The Digital Innovation Lab seeks to create best practices for handling big data. We are exploring automation and crowd-sourcing processes for harvesting data sets such as maps and city directories.
Harvesting City Directories
City directories, similar to today’s phone books, recorded a listing of residents and businesses in a town or grouping of towns. But these directories provided more than a simple list of names. Occupations and often familial status were included. Many directories also contained separate street directories, where residents were listed a second time by street. These street directories offered a block by block listing of residents, enabling the modern reader to imagine what it might be like to walk around the town’s neighborhoods and business districts.

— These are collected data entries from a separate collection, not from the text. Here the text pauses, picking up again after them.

-- ===== src/Sequential/Reactive.antt =====
-- Orchestrators that await requests and events, one after another, and what they come to as replies
-- and events reach them in any order. Their meaning is given with no executor, channel or queue map.
pub mod Kept
pub mod Poll
pub mod Round
pub mod Early
pub mod Step
pub mod Run
use durabletask_rs.Prelude.{
  ℕ, suc, ◌≡◌, String, Bool, true, false, Option, none, some, List, [], ◌∷◌, ◌++◌, ◌==◌, string_eq,
  if◌then◌else◌,
}
use durabletask_rs.Prelude.Int.{pos}
use durabletask_rs.Prelude.Outcome.{Outcome, Panic, returns, panics, unwrap_none}
use durabletask_rs.Proto.{Timestamp, HistoryEvent, OrchestratorAction}
use durabletask_rs.Internal.Events.{new_event_raised_event}
use durabletask_rs.Types.Context.{Host}
use durabletask_rs.Types.Async.{Async, output, abort, ask_signal, await_task}
use durabletask_rs.Types.Function.{OrchestratorResult}
use durabletask_rs.Executor.Poll.{completion_action}
use durabletask_rs.Sequential.{
  Request, start_request, reply, request_action, asked_event, replied_event,
}

pub data Program : Type 0 where
  done : OrchestratorResult String → Program
  call : Request → (String → Program) → Program
  -- `await_signal_event`, up to the text of the event
  event : String → (String → Program) → Program
  crash : Panic → Program

abbrev pub code_of : Program → Async (OrchestratorResult String)
code_of (done result) = output result
code_of (crash p) = abort p
code_of (call q k) = start_request q (λ task. await_task task (λ r. code_of (k r)))
code_of (event name k) = ask_signal name (λ task. await_task task (λ r. code_of (k r)))

-- What was raised under a name and not yet awaited, oldest first.
abbrev pub Kept : Type 0
Kept = String → List (Option String)

abbrev pub put : String → List (Option String) → Kept → Kept
put name queue kept other = if name == other then queue else kept other

-- Where a program waits, with the number of the requests that it made before: at a request, which is
-- acknowledged or not, at an event, or at its end.
pub data State : Type 0 where
  at_call : ℕ → Request → (String → Program) → Bool → Kept → State
  at_event : ℕ → String → (String → Program) → Kept → State
  at_end : ℕ → OrchestratorResult String → Kept → State

pub data Stimulus : Type 0 where
  confirm : Stimulus
  answer : String → Stimulus
  raise : String → Option String → Stimulus

-- An awaited name with nothing kept, or with an oldest event, which has an input or does not.
abbrev pub on_queue :
    Outcome State
    → (String → List (Option String) → Outcome State)
    → List (Option String)
    → Outcome State
on_queue waits takes [] = waits
on_queue waits takes (none ∷ rest) = panics unwrap_none
on_queue waits takes (some x ∷ rest) = takes x rest

module _ {Chan : Type 0} (host : Host Chan) where
  -- A program runs until it waits: an event that was kept is taken at once.
  unfoldable pub settle : ℕ → Program → Kept → Outcome State
  settle n (done result) kept = returns (at_end n result kept)
  settle n (crash p) kept = panics p
  settle n (call q k) kept = returns (at_call n q k false kept)
  settle n (event name k) kept =
      on_queue (returns (at_event n name k kept))
        (λ x rest. settle n (k x) (put (host.to_lowercase name) rest kept))
        (kept (host.to_lowercase name))

  abbrev pub keep : String → Option String → Kept → Kept
  keep name input kept =
      put (host.to_lowercase name) (kept (host.to_lowercase name) ++ input ∷ []) kept

  -- The event that is awaited comes, with an input or without.
  abbrev pub resume : ℕ → (String → Program) → Kept → Option String → Outcome State
  resume n k kept none = panics unwrap_none
  resume n k kept (some x) = settle n (k x) kept

  -- An event at a program that awaits one, by whether it is that one.
  abbrev pub on_raise :
      ℕ → String → (String → Program) → Kept → String → Option String → Bool → Outcome State
  on_raise n name k kept raised input true = resume n k kept input
  on_raise n name k kept raised input false = returns (at_event n name k (keep raised input kept))

  abbrev pub react : State → Stimulus → Outcome State
  react (at_call n q k acknowledged kept) confirm = returns (at_call n q k true kept)
  react (at_call n q k acknowledged kept) (answer r) = settle (suc n) (k (reply q r)) kept
  react (at_call n q k acknowledged kept) (raise name input) =
      returns (at_call n q k acknowledged (keep name input kept))
  react (at_event n name k kept) (raise raised input) =
      on_raise n name k kept raised input (host.to_lowercase name == host.to_lowercase raised)
  react (at_end n result kept) (raise name input) = returns (at_end n result (keep name input kept))
  react state stimulus = returns state

  -- A request is acknowledged before its answer comes, and neither comes anywhere else.
  abbrev pub Expects : State → Stimulus → Type 0
  Expects (at_call n q k false kept) (answer r) = ⊥
  Expects (at_event n name k kept) confirm = ⊥
  Expects (at_event n name k kept) (answer r) = ⊥
  Expects (at_end n result kept) confirm = ⊥
  Expects (at_end n result kept) (answer r) = ⊥
  Expects state stimulus = Unit {0}

  -- The sidecar's event for a stimulus.
  module _ (now : Timestamp) where
    abbrev pub told : State → Stimulus → HistoryEvent
    told (at_call n q k acknowledged kept) confirm = asked_event host.clock now q (pos (suc n))
    told (at_call n q k acknowledged kept) (answer r) =
        replied_event host.clock now q (pos (suc n)) r
    told state (raise name input) = new_event_raised_event now name input
    told state stimulus = new_event_raised_event now "" none

  -- The actions that are due.
  abbrev pub due_at : State → List OrchestratorAction
  due_at (at_call n q k false kept) = request_action host.clock q (pos (suc n)) ∷ []
  due_at (at_call n q k true kept) = []
  due_at (at_event n name k kept) = []
  due_at (at_end n result kept) = completion_action (pos (suc n)) result ∷ []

While northern directories may have excluded non-white residents, southern publishers decidedly did not. These publishers recreated and reaffirmed Jim Crow segregation in their directories by demarcating race, either by segregating non-whites into separate listings, or by marking them as non-white with some sort of symbol, a * or “c” for instance. While this practice is incredibly cruel by today’s standards, the resulting directories nonetheless provide historians and demographers with a wealth of information.

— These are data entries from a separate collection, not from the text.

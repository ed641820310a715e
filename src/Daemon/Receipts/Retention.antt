-- ===== src/Daemon/Receipts/Retention.antt =====
-- What the receipts remember: admission, and that no pending work is dropped.
use execution_provider.Prelude.{
  ℕ, ◌+◌, ◌≤◌, ◌<◌, ◌≡◌, ◌≢◌, ◌↔◌, String, Bool, true, false, none, some, List, [], ◌∷◌, inl, inr,
  arith, length, any, Option-cases, string_eq, if◌then◌else◌, ◌==◌,
}
use text.Mathlib.TextEquality.{eq_iff}
use execution_provider.Prelude.Dict.{
  Dict, Distinct, get, get-insert, get-insert_self, get-insert_ne, get-remove_ne, get-remove_self,
}
use execution_provider.Protocol.Limits.{max_frame_bytes}
use execution_provider.Daemon.Receipts.{
  Receipts, Receipt, Admission, accept, complete, response, response_of, acknowledge, find_response,
  next_response, max_receipts, max_bytes,
}

-- A request is newly accepted exactly when it is unknown, the host is not busy, and a receipt and a
-- whole frame for its response are free; then its receipt is there, with no response yet.
pub accept-new_iff :
    (r : Receipts) (id : String) (fingerprint : ℕ) (busy : Bool)
    → let (admission, r') = accept r id fingerprint busy in
      (admission ≡ Admission.new) ↔ (
        (get id r.entries ≡ none)
        × (busy ≡ false)
        × (length r.entries < max_receipts)
        × (r.bytes + max_frame_bytes ≤ max_bytes)
        × (get id r'.entries ≡ some (record { fingerprint = fingerprint; response = none })))
unfolding accept
accept-new_iff r id fingerprint busy =
    ground
      (arith, get-insert_self id (record { fingerprint = fingerprint; response = none }) r.entries)

-- No admission touches a receipt that is there.
pub accept_keeps :
    (r : Receipts) (id other : String) (receipt : Receipt) (fingerprint : ℕ) (busy : Bool)
    → get other r.entries ≡ some receipt
    → get other (accept r id fingerprint busy).1.entries ≡ some receipt
unfolding accept
accept_keeps r id other receipt fingerprint busy here = ground (
  arith,
  get-insert id other (record { fingerprint = fingerprint; response = none }) r.entries,
  eq_iff id other,
)

-- An acknowledgement forgets exactly a request that has its response: a pending one stays, and so do
-- all other receipts.
pub acknowledge_forgets :
    (r : Receipts) (id other : String)
    → Distinct r.entries
    → get other (acknowledge r id).entries ≡ (
        if id == other
        then elim (response r id) [ none ↦ get other r.entries | some _ ↦ none ]
        else get other r.entries)
unfolding acknowledge
acknowledge_forgets r id other distinct = ground (
  arith,
  eq_iff id other,
  get-remove_ne id other r.entries,
  get-remove_self id r.entries distinct,
)

abbrev pub is_sent : List String → String → Bool
is_sent sent id = any (λ s. s == id) sent

found_lem :
    (sent : List String) (entries : Dict String Receipt) (id text : String)
    → Distinct entries
    → find_response sent entries ≡ some (id, text)
    → (is_sent sent id ≡ false) × (response_of (get id entries) ≡ some text)
unfolding find_response
found_lem sent [] id text distinct e = cc
found_lem sent ((j, receipt) ∷ rest) id text distinct e =
    ground (arith, eq_iff j id, found_lem sent rest id text distinct.1)

missing_lem :
    (sent : List String) (entries : Dict String Receipt) (id text : String)
    → find_response sent entries ≡ none
    → response_of (get id entries) ≡ some text
    → is_sent sent id ≡ true
unfolding find_response
missing_lem sent [] id text e here = cc
missing_lem sent ((j, receipt) ∷ rest) id text e here =
    ground (arith, eq_iff j id, missing_lem sent rest id text)

-- What is sent next is an unsent response of that very request.
next_response_unsent :
    (r : Receipts) (sent : List String) (id text : String)
    → Distinct r.entries
    → next_response r sent ≡ some (id, text)
    → (is_sent sent id ≡ false) × (response r id ≡ some text)
unfolding next_response
next_response_unsent r sent id text distinct = found_lem sent r.entries id text distinct

-- When nothing is to be sent next, every response that is still kept has been sent.
next_response_exhausted :
    (r : Receipts) (sent : List String) (id text : String)
    → next_response r sent ≡ none
    → response r id ≡ some text
    → is_sent sent id ≡ true
unfolding next_response
next_response_exhausted r sent id text e = missing_lem sent r.entries id text e

-- Completing one request leaves the receipts of all others alone.
pub complete_keeps :
    (r r' : Receipts) (id other text : String)
    → complete r id text ≡ some r'
    → id ≢ other
    → get other r'.entries ≡ get other r.entries
unfolding complete
complete_keeps r r' id other text e ne = elim (Option-cases (get id r.entries)) [
  | inl missing ↦ ground arith
  | inr (receipt, here) ↦
      ground (arith, get-insert_ne id other (record receipt { response = some text }) r.entries ne)
]
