-- ===== src/Daemon/Receipts/Runs.antt =====
-- The receipts over any history of the daemon's calls.
use Prim.Native.String.{len}
use execution_provider.Prelude.{ℕ, ◌≤◌, ◌≡◌, String, Bool, none, some, string_eq, subst}
use execution_provider.Prelude.Dict.{get}
use execution_provider.Protocol.Limits.{max_frame_bytes}
use execution_provider.Daemon.Receipts.{Receipts, Receipt, default, accept, complete, acknowledge}
use execution_provider.Daemon.Receipts.Capacity.{
  IsValid, default-IsValid, accept-IsValid, complete-IsValid, acknowledge-IsValid,
}

-- One call. The daemon completes a request once, with a response that its transport could send.
pub data Step (r : Receipts) : Receipts → Type 0 where
  accepts : (id : String) (fingerprint : ℕ) (busy : Bool) → Step r (accept r id fingerprint busy).1
  completes :
      {r' : Receipts} (id text : String) (receipt : Receipt)
      → get id r.entries ≡ some receipt
      → receipt.response ≡ none
      → len text ≤ max_frame_bytes
      → complete r id text ≡ some r'
      → Step r r'
  acknowledges : (id : String) → Step r (acknowledge r id)

pub data Reach : Receipts → Type 0 where
  start : Reach default
  next : {r r' : Receipts} → Reach r → Step r r' → Reach r'

completed-IsValid :
    (r r' : Receipts) (id text : String) (receipt : Receipt)
    → IsValid r
    → get id r.entries ≡ some receipt
    → receipt.response ≡ none
    → len text ≤ max_frame_bytes
    → complete r id text ≡ some r'
    → IsValid r'
completed-IsValid r r' id text receipt v here fresh fits e =
    let (q, runs, valid, _, _) = complete-IsValid r id text receipt v here fresh fits in
    subst IsValid (let same : q ≡ r' = cc in same) valid

-- Whatever the history of calls, the byte count is exact, no more than 128 requests and 256 MiB are
-- held, and no request is listed twice.
pub Reach-IsValid : {r : Receipts} → Reach r → IsValid r
Reach-IsValid start = default-IsValid
Reach-IsValid (next {r} h (accepts id fingerprint busy)) =
    accept-IsValid r id fingerprint busy (Reach-IsValid h)
Reach-IsValid (next {r} {r'} h (completes id text receipt here fresh fits e)) =
    completed-IsValid r r' id text receipt (Reach-IsValid h) here fresh fits e
Reach-IsValid (next {r} h (acknowledges id)) = acknowledge-IsValid r id (Reach-IsValid h)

There are many challenges to extracting the content from digitized city directories into usable output. For one, the optical character recognition (OCR) performed on the directories is limited; often the software cannot detect * or “c”, which are both critical indicators of race. Secondly, the OCR text output is typically a single text or XML file, which is not easily searchable. Finally, there is a lot of “noise” on a typical directory page; namely irrelevant information such as advertisements and headers. Advertisements can appear as print ads, or as text running vertically along the side of a page. There is rarely any consistency in their placement even within a single directory. On its own, a machine cannot discern relevant from “noisy” information, nor can it detect subtle nuances found in an inconsistent and unpredictable historical collection.

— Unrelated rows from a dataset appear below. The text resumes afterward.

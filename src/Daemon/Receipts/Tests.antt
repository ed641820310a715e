-- ===== src/Daemon/Receipts/Tests.antt =====
-- The history of the source's own test, and the theorems applied on it.
use text.Mathlib.TextEquality.{eq_iff}
use execution_provider.Prelude.{
  ◌≢◌, String, ◌+◌, ◌<◌, ◌≤◌, ◌≡◌, ◌↔◌, refl, false, none, some, [], ◌∷◌, arith, length, string_eq,
}
use execution_provider.Prelude.Dict.{get}
use execution_provider.Protocol.Limits.{max_frame_bytes}
use execution_provider.Daemon.Receipts.{
  Receipts, Receipt, Admission, default, accept, complete, next_response, acknowledge, max_receipts,
  max_bytes,
}
use execution_provider.Daemon.Receipts.Capacity.{IsValid}
use execution_provider.Daemon.Receipts.Retention.{accept-new_iff, acknowledge_forgets}
use execution_provider.Daemon.Receipts.Runs.{start, next, accepts, completes, Reach-IsValid}

abbrev open_receipt : Receipt
open_receipt = record { fingerprint = 1; response = none }

abbrev accepted : Receipts
accepted = record { entries = ("one", open_receipt) ∷ []; bytes = max_frame_bytes }

abbrev completed : Receipts
completed = record {
  entries = ("one", record { fingerprint = 1; response = some "response" }) ∷ [];
  bytes = 8;
}

first_admission : accept default "one" 1 false ≡ (Admission.new, accepted)
unfolding accept
first_admission = refl

completion : complete accepted "one" "response" ≡ some completed
unfolding complete
completion = refl

acknowledged : acknowledge completed "one" ≡ default
unfolding acknowledge
acknowledged = refl

early_acknowledgement : acknowledge accepted "one" ≡ accepted
unfolding acknowledge
early_acknowledgement = refl

resent : next_response completed [] ≡ some ("one", "response")
unfolding next_response
resent = refl

accepted-IsValid : IsValid accepted
accepted-IsValid = record {
  distinct = (refl, tt);
  counted = refl;
  few = omega arith;
  small = omega arith;
}

one_not_two : ◌≢◌ {A = String} "one" "two"
one_not_two e = ground (arith, eq_iff "one" "two")

accept-new_iff_example :
    let (admission, r') = accept accepted "two" 5 false in
    (admission ≡ Admission.new) ↔ (
      (get "two" accepted.entries ≡ none)
      × (false ≡ false)
      × (length accepted.entries < max_receipts)
      × (accepted.bytes + max_frame_bytes ≤ max_bytes)
      × (get "two" r'.entries ≡ some (record { fingerprint = 5; response = none })))
accept-new_iff_example = accept-new_iff accepted "two" 5 false

acknowledge_forgets_example : get "one" (acknowledge completed "one").entries ≡ none
acknowledge_forgets_example = acknowledge_forgets completed "one" "one" (refl, tt)

Reach-IsValid_example : IsValid completed
unfolding accept complete
Reach-IsValid_example = Reach-IsValid (
    next {r = accepted} {r' = completed}
      (next {r = default} {r' = accepted} start (accepts "one" 1 false))
      (completes "one" "response" open_receipt refl refl (omega arith) refl))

During the 2011-2012 academic year, the DIL created a parser to extract all of the entries from the general alphabetical listing of residents of Charlotte, NC in 1911. The entries were transformed into database fields, thereby facilitating search, enabling mapping and other visualization analytics.
Moving forward, we will work to extend our work harvesting one directory to be able to handle all North Carolina digitized directories. Crowd-sourcing will be employed to fill in gaps left by the parser and verify parsing accuracy. Once successful, we will generalize out to the national level, with the eventual intention of creating an interface for users to harvest city directories on their own.